--- Saved data entries ---
·····

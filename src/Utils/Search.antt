-- ===== src/Utils/Search.antt =====
-- The search finds what a comparison at every place finds.
use mathlib.Core.Path.{subst}
use ladder.Prelude.{
  ◌*◌, ltb, leb, none, some, ℕ, zero, suc, ◌+◌, ◌-◌, ◌<◌, ◌≤◌, ◌≡◌, ◌≢◌, refl, sym, ap, ◌∙◌, true,
  false, ◌&&◌, Option, List, [], ◌∷◌, length, get_or-drop, length-drop, drop, ◌==◌, Bool-cases, inl,
  inr, arith,
}
use ladder.Utils.{make_next, find_substr, entry, search_from, char_at}
use native.Mathlib.Decide.{dec_lt}
use ladder.Utils.Table.{TableIs, rank, make_next-TableIs}
use ladder.Utils.Border.{IsBorder, Matches, Above, Border, IsEntry}
use ladder.Utils.Occurrences.{
  starts_with, places_of, occurrences, NoZero, starts_with-Matches, Matches-starts_with,
}

module _ (str pat : List ℕ) where
  abbrev p : ℕ → ℕ
  p = char_at pat

  abbrev s : ℕ → ℕ
  s = char_at str

  found : (i : ℕ) → starts_with pat (drop i str) ≡ true → Matches p s i (length pat)
  found i h x lt = starts_with-Matches pat (drop i str) h x lt ∙ get_or-drop i x str 0

  is_found :
      (i : ℕ)
      → i + length pat ≤ length str
      → Matches p s i (length pat)
      → starts_with pat (drop i str) ≡ true
  is_found i le h =
      Matches-starts_with pat (drop i str) (omega (arith, length-drop i str))
        (λ x lt. h x lt ∙ sym (get_or-drop i x str 0))

  absent : (i : ℕ) → ¬ Matches p s i (length pat) → starts_with pat (drop i str) ≡ false
  absent i h = elim (Bool-cases (starts_with pat (drop i str))) [
    | inl t ↦ absurd (h (found i t))
    | inr f ↦ f
  ]

  pub same_places : (i k c d : ℕ) → i ≡ k → c ≡ d → places_of str pat i c ≡ places_of str pat k d
  same_places i k c d e f = ap (λ (x : ℕ). places_of str pat x c) e ∙ ap (places_of str pat k) f

  -- Places at which the pattern does not stand can be passed over.
  places_of-skip :
      (d i count : ℕ)
      → ((x : ℕ) → x < d → ¬ Matches p s (i + x) (length pat))
      → places_of str pat i count ≡ places_of str pat (i + d) (count - d)
  places_of-skip zero i count h =
      same_places i (i + 0) count (count - 0) (omega arith) (omega arith)
  places_of-skip (suc d) i zero h =
      same_places i i 0 (0 - suc d) refl (omega arith) ∙ none_left i (i + suc d) (omega arith)
    where
      none_left :
          (a b : ℕ)
          → 0 - suc d ≡ 0
          → places_of str pat a (0 - suc d) ≡ places_of str pat b (0 - suc d)
      none_left a b e = rw e refl
  places_of-skip (suc d) i (suc count) h =
      rw
        (absent i
          (λ q. h 0 (omega arith) (subst (λ (k : ℕ). Matches p s k (length pat)) (omega arith) q)))
        (places_of-skip d (suc i) count (λ x lt q.
          h (suc x) (omega arith) (subst (λ (k : ℕ). Matches p s k (length pat)) (omega arith) q)))
      ∙ same_places (suc i + d) (i + suc d) (count - d) (suc count - suc d) (omega arith)
          (omega arith)

  -- Where a comparison ended at `j`, the pattern stands at no place that the entry passes over.
  passed_over :
      (i j d : ℕ) (e : Option ℕ)
      → Matches p s i j
      → IsEntry p e j
      → j ≤ length pat
      → ((k : ℕ) → k < length pat → p k ≡ p j → p k ≢ s (i + j))
      → 0 < d
      → d ≤ j
      → Above e (j - d)
      → ¬ Matches p s (i + d) (length pat)
  passed_over i j d e m (b, c) le bad pos small ab q =
      bad (j - d) (omega arith) (c (j - d) border ab) last
    where
      at_place : {a : ℕ} (x y : ℕ) → x ≡ y → a ≡ s x → a ≡ s y
      at_place x y e h = h ∙ ap s e

      last : p (j - d) ≡ s (i + j)
      last = at_place (i + d + (j - d)) (i + j) (omega arith) (q (j - d) (omega arith))

      border : Border p (j - d) j
      border = (
        omega arith,
        λ x lt.
            at_place (i + d + x) (i + (j - (j - d) + x)) (omega arith) (q x (omega arith))
            ∙ sym (m (j - (j - d) + x) (omega arith)),
      )

  abbrev pub Agrees : ℕ → Option ℕ → Type 0
  Agrees i none = Unit
  Agrees i (some j) = (j ≤ length pat) × Matches p s i j

  -- What is left to be found from a place on.
  abbrev from_place : ℕ → List ℕ
  from_place i = places_of str pat i (length str + 1 - length pat - i)

  -- The search from `i` on.
  abbrev Finds : ℕ → List (Option ℕ) → ℕ → Option ℕ → Type 0
  Finds fuel next i j = search_from fuel str pat next i j ≡ from_place i

  next_place : ℕ → ℕ → Option ℕ → ℕ
  next_place i j none = i + suc j
  next_place i j (some k) = i + (j - k)

  skipped :
      (i j : ℕ) (e : Option ℕ)
      → Matches p s i j
      → IsEntry p e j
      → j ≤ length pat
      → ((k : ℕ) → k < length pat → p k ≡ p j → p k ≢ s (i + j))
      → from_place (suc i) ≡ from_place (next_place i j e)
  unfolding next_place
  skipped i j none m q le bad =
      places_of-skip j (suc i) (length str + 1 - length pat - suc i) (λ x lt h.
        passed_over i j (suc x) none m q le bad (omega arith) (omega arith) tt
          (subst (λ (n : ℕ). Matches p s n (length pat)) (omega arith) h))
      ∙ same_places (suc i + j) (i + suc j) _ _ (omega arith) (omega arith)
  skipped i j (some k) m q le bad =
      places_of-skip (j - k - 1) (suc i) (length str + 1 - length pat - suc i) (λ x lt h.
        passed_over i j (suc x) (some k) m q le bad (omega arith) (omega arith) (omega arith)
          (subst (λ (n : ℕ). Matches p s n (length pat)) (omega arith) h))
      ∙ same_places (suc i + (j - k - 1)) (i + (j - k)) _ _ (omega (arith, q.0.0))
          (omega (arith, q.0.0))

  -- One place, at which the pattern stands or not.
  here_absent : (i : ℕ) → ¬ Matches p s i (length pat) → from_place i ≡ from_place (suc i)
  here_absent i h =
      places_of-skip 1 i (length str + 1 - length pat - i)
        (λ x lt q. h (subst (λ (n : ℕ). Matches p s n (length pat)) (omega arith) q))
      ∙ same_places (i + 1) (suc i) _ _ (omega arith) (omega arith)

  here_found :
      (i : ℕ)
      → i + length pat ≤ length str
      → Matches p s i (length pat)
      → from_place i ≡ i ∷ from_place (suc i)
  here_found i le h =
      same_places i i _ (suc (length str + 1 - length pat - suc i)) refl (omega arith)
      ∙ rw (is_found i le h) refl

  past_end : (i : ℕ) → length str < i + length pat → [] ≡ from_place i
  past_end i lt = same_places i i 0 _ refl (omega arith)

  Agrees-after :
      (i j : ℕ) (e : Option ℕ)
      → j ≤ length pat
      → Matches p s i j
      → IsBorder p e j
      → Agrees (next_place i j e) e
  unfolding next_place
  Agrees-after i j none le m b = tt
  Agrees-after i j (some k) le m (lt, f) = (
    omega arith,
    λ x h.
        f x h
        ∙ m (j - k + x) (omega arith)
        ∙ ap s (let same : i + (j - k + x) ≡ i + (j - k) + x = omega arith in same),
  )

  Agrees-longer :
      (i j : ℕ) → j < length pat → Matches p s i j → s (i + j) ≡ p j → Agrees i (some (suc j))
  Agrees-longer i j lt m e = (
    omega arith,
    λ x h. elim (dec_lt x j) [
      | yes before ↦ m x before
      | no last ↦
          let at_j : x ≡ j = omega arith in
          ap p at_j ∙ sym e ∙ ap s (let same : i + j ≡ i + x = omega arith in same)
    ],
  )

  module _ (next : List (Option ℕ)) (table : TableIs pat next (suc (length pat)))
      (no_zero : NoZero pat) where
    -- The call that follows a comparison ended at `j`.
    abbrev go_on : ℕ → ℕ → ℕ → Option ℕ → List ℕ
    go_on fuel i j none = search_from fuel str pat next (i + suc j) none
    go_on fuel i j (some k) = search_from fuel str pat next (i + (j - k)) (some k)

    as_go_on :
        (fuel i j : ℕ) (e : Option ℕ)
        → (elim e as (λ x. List ℕ) [
          | none ↦ search_from fuel str pat next (i + suc j) none
          | some k ↦ search_from fuel str pat next (i + (j - k)) (some k)
        ])
          ≡ go_on fuel i j e
    as_go_on fuel i j none = refl
    as_go_on fuel i j (some k) = refl

    -- What the search is to do with one round's fuel.
    abbrev Searches : ℕ → Type 0
    Searches fuel =
        (i : ℕ) (j : Option ℕ)
        → Agrees i j
        → 2 * length str + 2 ≤ fuel + (2 * i + rank pat j)
        → Finds fuel next i j

    after_comparison :
        (fuel i j : ℕ) (e : Option ℕ)
        → Searches fuel
        → Agrees (next_place i j e) e
        → IsBorder p e j
        → 2 * length str + 2 ≤ suc fuel + (2 * i + suc j)
        → go_on fuel i j e ≡ from_place (next_place i j e)
    unfolding next_place
    after_comparison fuel i j none ih a b enough = ih (i + suc j) none a (omega arith)
    after_comparison fuel i j (some k) ih a b enough =
        ih (i + (j - k)) (some k) a (omega (arith, b.0))

    -- The rest of a round that ends a comparison.
    rest_of_round :
        (fuel i j : ℕ)
        → Searches fuel
        → j ≤ length pat
        → Matches p s i j
        → ((k : ℕ) → k < length pat → p k ≡ p j → p k ≢ s (i + j))
        → 2 * length str + 2 ≤ suc fuel + (2 * i + suc j)
        → go_on fuel i j (entry next j) ≡ from_place (suc i)
    rest_of_round fuel i j ih le m bad enough =
        let e = entry next j in
        let ok : IsEntry p (entry next j) j = table.1 j (omega arith) in
        after_comparison fuel i j e ih (Agrees-after i j e le m ok.0) ok.0 enough
        ∙ sym (skipped i j e m ok le bad)

    whole_match_bad :
        (i j : ℕ) → j ≡ length pat → (k : ℕ) → k < length pat → p k ≡ p j → p k ≢ s (i + j)
    whole_match_bad i j e k lt q h = no_zero k lt (q ∙ ap p e ∙ end pat)
      where
        end : (xs : List ℕ) → char_at xs (length xs) ≡ 0
        end [] = refl
        end (x ∷ xs) = end xs

    search_lem :
        (fuel i : ℕ) (j : Option ℕ)
        → Agrees i j
        → 2 * length str + 2 ≤ fuel + (2 * i + rank pat j)
        → Finds fuel next i j
    unfolding search_from
    search_lem zero i none a enough = past_end i (omega arith)
    search_lem zero i (some j) a enough = past_end i (omega (arith, a.0))
    search_lem (suc fuel) i none a enough = elim (Bool-cases (leb (i + length pat) (length str))) [
      | inl more ↦
          rw (more, search_from)
            (search_lem fuel i (some 0) (omega arith, λ x lt. absurd (omega arith)) (omega arith))
      | inr done ↦ rw (done, search_from) (past_end i (ground arith))
    ]
    search_lem (suc fuel) i (some j) (le, m) enough =
        elim (Bool-cases (leb (i + length pat) (length str) && leb j (length pat))) [
          | inr done ↦ rw (done, search_from) (past_end i (ground arith))
          | inl more ↦
              elim (Bool-cases (ltb j (length pat) && (char_at str (i + j) == char_at pat j))) [
                | inl same ↦
                    rw (more, same, search_from)
                      (search_lem fuel i (some (suc j))
                        (Agrees-longer i j (ground arith) m (ground arith)) (omega arith))
                | inr other ↦ elim (Bool-cases (j == length pat)) [
                  | inl whole ↦
                      rw (more, other, whole, search_from)
                        (ap (◌∷◌ i) (
                            as_go_on fuel i j (entry next j)
                            ∙ rest_of_round fuel i j (search_lem fuel) le m
                                (whole_match_bad i j (ground arith)) enough)
                          ∙ sym (
                              here_found i (ground arith)
                                (subst (λ (n : ℕ). Matches p s i n) (ground arith) m)))
                  | inr part ↦
                      let lt : j < length pat = ground arith in
                      let ne : char_at str (i + j) ≢ char_at pat j = λ h. ground arith in
                      rw (more, other, part, search_from)
                        (as_go_on fuel i j (entry next j)
                          ∙ rest_of_round fuel i j (search_lem fuel) le m
                              (λ k small q h. ne (sym h ∙ q)) enough
                          ∙ sym (here_absent i (λ q. ne (sym (q j lt)))))
                ]
              ]
        ]

-- `FindSubstr` finds exactly the places at which the pattern stands in the text, in order and also
-- where they overlap, as a comparison at every place would, for a pattern without the character zero.
pub find_substr-occurrences :
    (str pat : List ℕ) → NoZero pat → find_substr str pat ≡ occurrences str pat
unfolding find_substr
find_substr-occurrences str pat h =
    search_lem str pat (make_next pat) (make_next-TableIs pat) h (2 * length str + 1) 0 (some 0)
      (omega arith, λ x lt. absurd (omega arith)) (omega arith)
    ∙ same_places str pat 0 0 (length str + 1 - length pat - 0) (length str + 1 - length pat) refl
        (omega arith)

·····

--- Work task ---
The word "Above" appears in some lines of the records. Please work out how many and reply with that number only.

--- Task solution ---
2